Priscilla Becker

NOISE ANNOYS

WHEN MY BOYFRIEND AND I decided to move in together, we were both escaping noise. His was an early morning downstairs door-slamming, which caused us to construct many explanatory scenarios, such as that his neighbors operated a catering business from their dark apartment. We pictured a complex system of conveyance—carts of baked goods rolling from their basement kitchen to the ground floor, out the front door and into a waiting van (a vehicle which irregularly appeared in the driveway). This scenario explained parts of the noise at least: the sound itself—repetitive door-slamming, or perhaps I should say it might have explained repetitive door-closing; its five a.m. inception; the stacked cases of soda in the hallway; that our neighbors didn’t seem to go to jobs.

But it also ignored a good deal—no business sign, no wafting food smells. Also, by our calculations, each run would take four door-closings. But in actuality we heard many, many more door-slammings. And Shawnteen did not fit my notion of what a caterer should be like—homey, sweet. Shawnteen was unfriendly; I’m being kind. Upon reassessment, a drug cartel is probably a likelier explanation. But those were innocent times.

My situation was insignificant by comparison, but frustrating nonetheless. The noise came from the apartment next door, which belonged to the goose, so-named because of her voice. Once you heard it—a constant water-laden trilling instrument that burbled through the wall, breaking into insipid giggles at the end of every, and I do mean every, phrase—no other image was possible to conjure but that of a goose padding about the apartment, cellphone in webbed foot. I never actually saw the goose, which added to the mystery, and permitted my imagination free-range. So I never bothered to give her human form: I heard the voice, I pictured the farm animal.

Her voice didn’t produce the type of noise, like a slamming door, that would awaken you from sleep. It wasn’t even exactly a noise, but more like an invisible presence. It was its unchosen nature that disturbed me most, reminding me, in this aspect, of one of my persistent complaints with life in general. Why was this idiotic voice, I wondered, the backdrop of my life? What did I do to warrant insipid cell-phone conversations as my soundtrack? Why couldn’t I, for once, live next door to a classical pianist? A monk? Or better still, no one at all?!

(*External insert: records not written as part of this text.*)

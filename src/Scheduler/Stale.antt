-- ===== src/Scheduler/Stale.antt =====
-- `clear_stale_running_states` of src/ampa/scheduler_helpers.py, and what it leaves.
use ampa.Prelude.{
  ℕ, ◌-◌, ◌/◌, String, Bool, true, false, ◌&&◌, ◌||◌, List, [], ◌∷◌, Option, none, some, ltb,
  if◌then◌else◌, ◌≡◌, refl, contains, map, str_eq, eq_iff, eq_refl, ℤ, pos, negsuc, Bool-cases, inl,
  inr, subst,
}
use ampa.Scheduler.{
  CommandSpec, CommandState, Store, elapsed, get_state, update_state, get_state-update_state,
}

-- `int(seconds)`, towards zero
abbrev whole_seconds : ℤ → ℤ
whole_seconds (pos us) = pos (us / 1000000)
whole_seconds (negsuc us) = if ltb us 999999 then pos 0 else negsuc ((us - 999999) / 1000000)

abbrev above : ℤ → ℤ → Bool
above (pos a) (pos b) = ltb b a
above (pos a) (negsuc b) = true
above (negsuc a) (pos b) = false
above (negsuc a) (negsuc b) = ltb a b

abbrev too_old : ℕ → ℤ → Option ℕ → Bool
too_old now threshold none = true
too_old now threshold (some last_start) = above (whole_seconds (elapsed now last_start)) threshold

-- A flag is stale if it was set more than the threshold ago, or at no known time.
unfoldable pub is_stale : (now : ℕ) (threshold : ℤ) → CommandState → Bool
is_stale now threshold st = st.running && too_old now threshold st.last_start_ts

abbrev cleared : Bool → CommandState → CommandState
cleared true st = record st { running = false }
cleared false st = st

unfoldable pub clear_one : (now : ℕ) (threshold : ℤ) → String → Store → Store
unfolding get_state is_stale
clear_one now threshold id store =
    if is_stale now threshold (get_state id store)
    then update_state id (record (get_state id store) { running = false }) store
    else store

unfoldable pub clear_stale_running_states :
    (now : ℕ) (threshold : ℤ) → List CommandSpec → Store → Store
clear_stale_running_states now threshold [] store = store
clear_stale_running_states now threshold (spec ∷ specs) store =
    clear_stale_running_states now threshold specs (clear_one now threshold spec.command_id store)

abbrev ids : List CommandSpec → List String
ids = map (λ spec. spec.command_id)

module _ (now : ℕ) (threshold : ℤ) where
  settled :
      (st : CommandState) → is_stale now threshold (cleared (is_stale now threshold st) st) ≡ false
  unfolding is_stale
  settled st = elim (Bool-cases (st.running && too_old now threshold st.last_start_ts)) [
    | inl stale ↦ rw stale refl
    | inr fresh ↦ rw fresh fresh
  ]

  own :
      (id : String) (store : Store)
      → get_state id (clear_one now threshold id store)
        ≡ cleared (str_eq id id && is_stale now threshold (get_state id store)) (get_state id store)
  unfolding clear_one
  own id store = elim (Bool-cases (is_stale now threshold (get_state id store))) [
    | inl stale ↦ rw (stale, get_state-update_state, eq_refl id) refl
    | inr fresh ↦ rw (fresh, eq_refl id) refl
  ]

  clear_one_lem :
      (id k : String) (store : Store)
      → get_state k (clear_one now threshold id store)
        ≡ cleared (str_eq id k && is_stale now threshold (get_state k store)) (get_state k store)
  unfolding clear_one
  clear_one_lem id k store = elim (Bool-cases (str_eq id k)) [
    | inl same ↦
        let here : id ≡ k = (eq_iff id k).0 same in
        subst
          (λ (j : String).
            get_state j (clear_one now threshold id store)
            ≡ cleared (str_eq id j && is_stale now threshold (get_state j store))
                (get_state j store))
          here (own id store)
    | inr other ↦ elim (Bool-cases (is_stale now threshold (get_state id store))) [
      | inl stale ↦ rw (stale, get_state-update_state, other) refl
      | inr fresh ↦ rw (fresh, other) refl
    ]
  ]

  cleared_twice :
      (here later : Bool) (st : CommandState)
      → cleared
          (later && is_stale now threshold (cleared (here && is_stale now threshold st) st))
          (cleared (here && is_stale now threshold st) st)
        ≡ cleared ((here || later) && is_stale now threshold st) st
  cleared_twice false later st = refl
  cleared_twice true false st = refl
  cleared_twice true true st = rw (settled st) refl

  -- At the start of the scheduler the flag of every command that is listed is cleared exactly if it
  -- is stale; nothing else of its state changes, and no other state does.
  pub clear_stale_running_states_lem :
      (specs : List CommandSpec) (k : String) (store : Store)
      → get_state k (clear_stale_running_states now threshold specs store)
        ≡ cleared
            (contains (ids specs) k && is_stale now threshold (get_state k store))
            (get_state k store)
  unfolding clear_stale_running_states
  clear_stale_running_states_lem [] k store = refl
  clear_stale_running_states_lem (spec ∷ specs) k store =
      rw
        (
          clear_stale_running_states_lem specs k (clear_one now threshold spec.command_id store),
          clear_one_lem spec.command_id k store,
        )
        (cleared_twice (str_eq spec.command_id k) (contains (ids specs) k) (get_state k store))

And though I tried, I could never make out words; the sounds just spilled and rolled along, barely audible, like whiney water. It was similar to the way my father played music—as background, just loud enough so that you knew it was there, but indistinguishable, making you want to either shut it off or crank it up—anything but leave it needling on your psyche like a gnat.

Once, perhaps of note, a cat appeared. I could tell by the constant rolling of objects across the floor—barrettes? loose change? I’m ruined! I silently screamed. But just as quickly, and perhaps more disturbingly, the cat dis-appeared. What did she do with it? I wondered, which reminded me of a girl I once knew who got tired of her little dog, Angus, and set him free on the Mass Pike. Why would she get a cat and then get rid of it within two weeks? And then the realization overtook me: cats and birds do not get along.

As I said, these were innocent times, times that, because of what was to follow, I look back on with an affectionate nostalgia, times I long for, times that at the time they occurred, were irritating enough to cause my boyfriend and me both to move, yes, move, that series of actions statistically documented to be as stressful as contracting a fatal illness or being the victim of a natural disaster.

We began looking for apartments in the three Brooklyn neighborhoods which, at the time, we had not yet been priced out of: Bed-Stuy, Sunset Park, Kensington. I’m sure I won’t have to belabor what a demoralizing process this is. Talking with real-estate agents is some kind of silent agreement to not blow their cover. Time and again the words and images did not match up: beautiful, sun-filled gem, says the agent; dark, roach-infested closet, we observe. After several months of this, we agreed to give up, to keep living in our separate noise chambers, and to try again when our spirits renewed.

The day after arriving at this agreement, we had a drink with friends of ours, a couple. They told us they were moving out of their apartment in Kensington. I had known this but, well, I didn’t love Kensington, and I’d also figured that if they were moving out there must have been a reason. They urged us to come by right away. We did.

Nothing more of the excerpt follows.